For starters, it means we’ll have a player in his 20s back representing the home of golf on the circuit when the new season gets under way next week, though not for long as Henry turns 30 just after the start of the Desert Swing in mid-January.
The first Scot to pass the test in three years, his card success at PGA Catalunya in Girona has increased the Caledonian contingent for the 2017 campaign to nine. He joins Russell Knox, Richie Ramsay, Marc Warren, David Drysdale, Scott Jamieson, Paul Lawrie, Stephen Gallacher and Challenge Tour graduate Duncan Stewart in flying the Saltire on the main European circuit.
It’s a second bite at that particular cherry for Henry, who wasn’t too far away from retaining his seat at the top table first time around. Helped by a rousing display on home soil that saw him claim fourth spot in the Johnnie Walker Championship at Gleneagles, he finished 120th in the 2013 Race to Dubai. He certainly wasn’t out of his depth and, as the Clydebank man prepares to step back on to the top Tour in the Alfred Dunhill Championship in South Africa next week, he is ready to start making up for lost time. A bit like Marc Warren when he found himself in the same position a few years back, Henry hasn’t enjoyed being at the Challenge Tour coalface over the past three seasons.
“No offence to the Challenge Tour, but I absolutely despise playing it,” said the two-time Scottish Boys champion immediately after claiming the third card among 30 players in total to come through the gruelling six-round test with a top-tier status. “That was my biggest incentive for pushing on and getting my European Tour card. To be playing on the main Tour next season on proper golf courses, which suit my game, is exciting for me.”
As he said, Henry isn’t being disrespectful to the feeder circuit and there’s no reason to be when you consider that three Road to Oman graduates from 12 months ago – Ricardo Gouevia, Nacho Elvira and Brandon Stone – all played in last week’s DP World Tour Championship after finishing in the top 60 in this season’s Race to Dubai. They may be rookies in name, but boy do they hit the ground running at the top level these days.
Henry’s point is that he believes his game is better eqipped for longer and tougher tests, a view shared by Ian Rae. The man who coached Henry for a long time was replaced by Andrew Nicholson last year, but there’s no hint of bitterness whatsoever. Indeed, Rae was one of the first to congratulate Henry on getting his card back and is excited about what lies ahead for him. “Scott has always been a great player with an excellent all-round game,” he said. “And, with his power, he is an ideal player to make it on Tour.”

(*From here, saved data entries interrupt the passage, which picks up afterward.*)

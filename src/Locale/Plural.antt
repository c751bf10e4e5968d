-- ===== src/Locale/Plural.antt =====
-- internal/locale/plural.go, getPluralForm, and the choice of a translation in Printer.Plural
-- (printer.go). `n` is an int, so Go's `%` has its sign.
use miniflux.Base.{
  ℕ, ◌<◌, String, Bool, not, ◌&&◌, ◌||◌, Option, none, some, List, [], ◌∷◌, arith, if◌then◌else◌,
  ◌==◌, nat_eq, string_eq, get_elem?, any, All,
}
use miniflux.Base.Int.{ℤ, pos, rem, ltb_ℤ, leb_ℤ, eqb_ℤ}

abbrev pub is_lang : List String → String → Bool
is_lang names s = any (λ name. name == s) names

-- `a <= n%m && n%m <= b`
abbrev pub rem_within : ℕ → ℕ → ℕ → ℤ → Bool
rem_within m a b n = leb_ℤ (pos a) (rem n m) && leb_ℤ (rem n m) (pos b)

-- `n%10 >= 2 && n%10 <= 4 && (n%100 < 10 || n%100 >= 20)`
abbrev pub is_few : ℤ → Bool
is_few n = rem_within 10 2 4 n && (ltb_ℤ (rem n 100) (pos 10) || leb_ℤ (pos 20) (rem n 100))

abbrev pub plural_arabic : ℤ → ℕ
plural_arabic n =
    if eqb_ℤ n (pos 0)
    then 0
    else if eqb_ℤ n (pos 1)
    then 1
    else if eqb_ℤ n (pos 2)
    then 2
    else if rem_within 100 3 10 n
    then 3
    else if leb_ℤ (pos 11) (rem n 100)
    then 4
    else 5

abbrev pub plural_czech : ℤ → ℕ
plural_czech n = if eqb_ℤ n (pos 1) then 0 else if leb_ℤ (pos 2) n && leb_ℤ n (pos 4) then 1 else 2

abbrev pub plural_galician : ℤ → ℕ
plural_galician n = if not (eqb_ℤ n (pos 1)) then 1 else 0

abbrev pub plural_polish : ℤ → ℕ
plural_polish n = if eqb_ℤ n (pos 1) then 0 else if is_few n then 1 else 2

abbrev pub plural_romanian : ℤ → ℕ
plural_romanian n =
    if eqb_ℤ n (pos 1)
    then 0
    else if eqb_ℤ n (pos 0) || (ltb_ℤ (pos 0) (rem n 100) && ltb_ℤ (rem n 100) (pos 20))
    then 1
    else 2

abbrev pub plural_slavic : ℤ → ℕ
plural_slavic n =
    if eqb_ℤ (rem n 10) (pos 1) && not (eqb_ℤ (rem n 100) (pos 11))
    then 0
    else if is_few n
    then 1
    else 2

abbrev pub plural_default : ℤ → ℕ
plural_default n = if ltb_ℤ (pos 1) n then 1 else 0

-- getPluralForm
unfoldable pub get_plural_form : String → ℤ → ℕ
get_plural_form lang n =
    if is_lang ("ar_SA" ∷ []) lang
    then plural_arabic n
    else if is_lang ("cs_CZ" ∷ []) lang
    then plural_czech n
    else if is_lang ("gl_ES" ∷ []) lang
    then plural_galician n
    else if is_lang ("id_ID" ∷ "ja_JP" ∷ "ko_KR" ∷ []) lang
    then 0
    else if is_lang ("pl_PL" ∷ []) lang
    then plural_polish n
    else if is_lang ("ro_RO" ∷ []) lang
    then plural_romanian n
    else if is_lang ("ru_RU" ∷ "uk_UA" ∷ "sr_RS" ∷ []) lang
    then plural_slavic n
    else if is_lang ("zh_CN" ∷ "zh_TW" ∷ "nan_Latn_pehoeji" ∷ []) lang
    then 0
    else plural_default n

-- The choice of Printer.Plural: the translation, or the key. `choices` are the plurals of the
-- dictionary under the key, `none` where it has none or there is no dictionary. The formatting of
-- the arguments is left out.
unfoldable pub plural : String → String → Option (List String) → ℤ → String
unfolding get_plural_form
plural lang key none n = key
plural lang key (some choices) n = elim (get_elem? choices (get_plural_form lang n)) [
  | none ↦ key
  | some text ↦ text
]

-- The languages of the catalogue, each with the number of plurals in translations/*.json.
abbrev pub catalogue : List (String × ℕ)
catalogue =
    ("ar_SA", 6)
    ∷ ("de_DE", 2)
    ∷ ("el_EL", 2)
    ∷ ("en_US", 2)
    ∷ ("es_ES", 2)
    ∷ ("fi_FI", 2)
    ∷ ("fr_FR", 2)
    ∷ ("gl_ES", 2)
    ∷ ("hi_IN", 2)
    ∷ ("id_ID", 1)
    ∷ ("it_IT", 2)
    ∷ ("ja_JP", 1)
    ∷ ("ko_KR", 1)
    ∷ ("nan_Latn_pehoeji", 1)
    ∷ ("nl_NL", 2)
    ∷ ("pl_PL", 3)
    ∷ ("pt_BR", 2)
    ∷ ("ro_RO", 3)
    ∷ ("ru_RU", 3)
    ∷ ("tr_TR", 2)
    ∷ ("uk_UA", 3)
    ∷ ("zh_CN", 1)
    ∷ ("zh_TW", 1)
    ∷ []

arabic-lt : (n : ℤ) → plural_arabic n < 6
arabic-lt n = ground arith

galician-lt : (n : ℤ) → plural_galician n < 2
galician-lt n = ground arith

polish-lt : (n : ℤ) → plural_polish n < 3
polish-lt n = ground arith

romanian-lt : (n : ℤ) → plural_romanian n < 3
romanian-lt n = ground arith

slavic-lt : (n : ℤ) → plural_slavic n < 3
slavic-lt n = ground arith

default-lt : (n : ℤ) → plural_default n < 2
default-lt n = ground arith

-- For every language of the catalogue and every number, negative ones included, the plural form is
-- the index of one of the plurals that the translations of the language have.
pub get_plural_form-lt : All (λ p. (n : ℤ) → get_plural_form p.0 n < p.1) catalogue
unfolding get_plural_form
get_plural_form-lt = (
  arabic-lt,
  (
    default-lt,
    (
      default-lt,
      (
        default-lt,
        (
          default-lt,
          (
            default-lt,
            (
              default-lt,
              (
                galician-lt,
                (
                  default-lt,
                  (
                    λ n. omega arith,
                    (
                      default-lt,
                      (
                        λ n. omega arith,
                        (
                          λ n. omega arith,
                          (
                            λ n. omega arith,
                            (
                              default-lt,
                              (
                                polish-lt,
                                (
                                  default-lt,
                                  (
                                    romanian-lt,
                                    (
                                      slavic-lt,
                                      (
                                        default-lt,
                                        (slavic-lt, (λ n. omega arith, (λ n. omega arith, tt))),
                                      ),
                                    ),
                                  ),
                                ),
                              ),
                            ),
                          ),
                        ),
                      ),
                    ),
                  ),
                ),
              ),
            ),
          ),
        ),
      ),
    ),
  ),
)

Like so many others, Henry has been supported in trying to reach the top of the golfing ladder by Aberdeen Asset Management. Stephen Docherty works for them but is also heavily involved in trying to help developing talent in his role as Scottish Golf’s non-executive performance director. He likes what he sees in Henry, and not just as a golfer. “We like to sponsor good, open and down-to-earth people at the grass roots and that sums up Scotty nicely,” said Doherty. “He is kind of like the boy next door –thoughtful, considerate and always trying to get better. Like everyone else, he has his ups and downs but he’s always happy to listen to advice – and it’s not always about golf.
“At the end of the 2015 season, we met and after just missing out on his card through the Challenge Tour Order of Merit and then the Tour School, he seemed down in the dumps. But the making of any individual is how you bounce back. Having already changed his coach, he worked harder and he started embracing stats in terms of shots gained on the field. Golfers always face the unknown and it’s hard sometimes to see the wood from the trees and make changes. But, like all sports and business people, there are times when you need to make changes and take risks and that’s what he did.”
‘Don’t write off Scott Henry’ was the headline in this column 12 months ago, and now he can show us why people really do believe in him.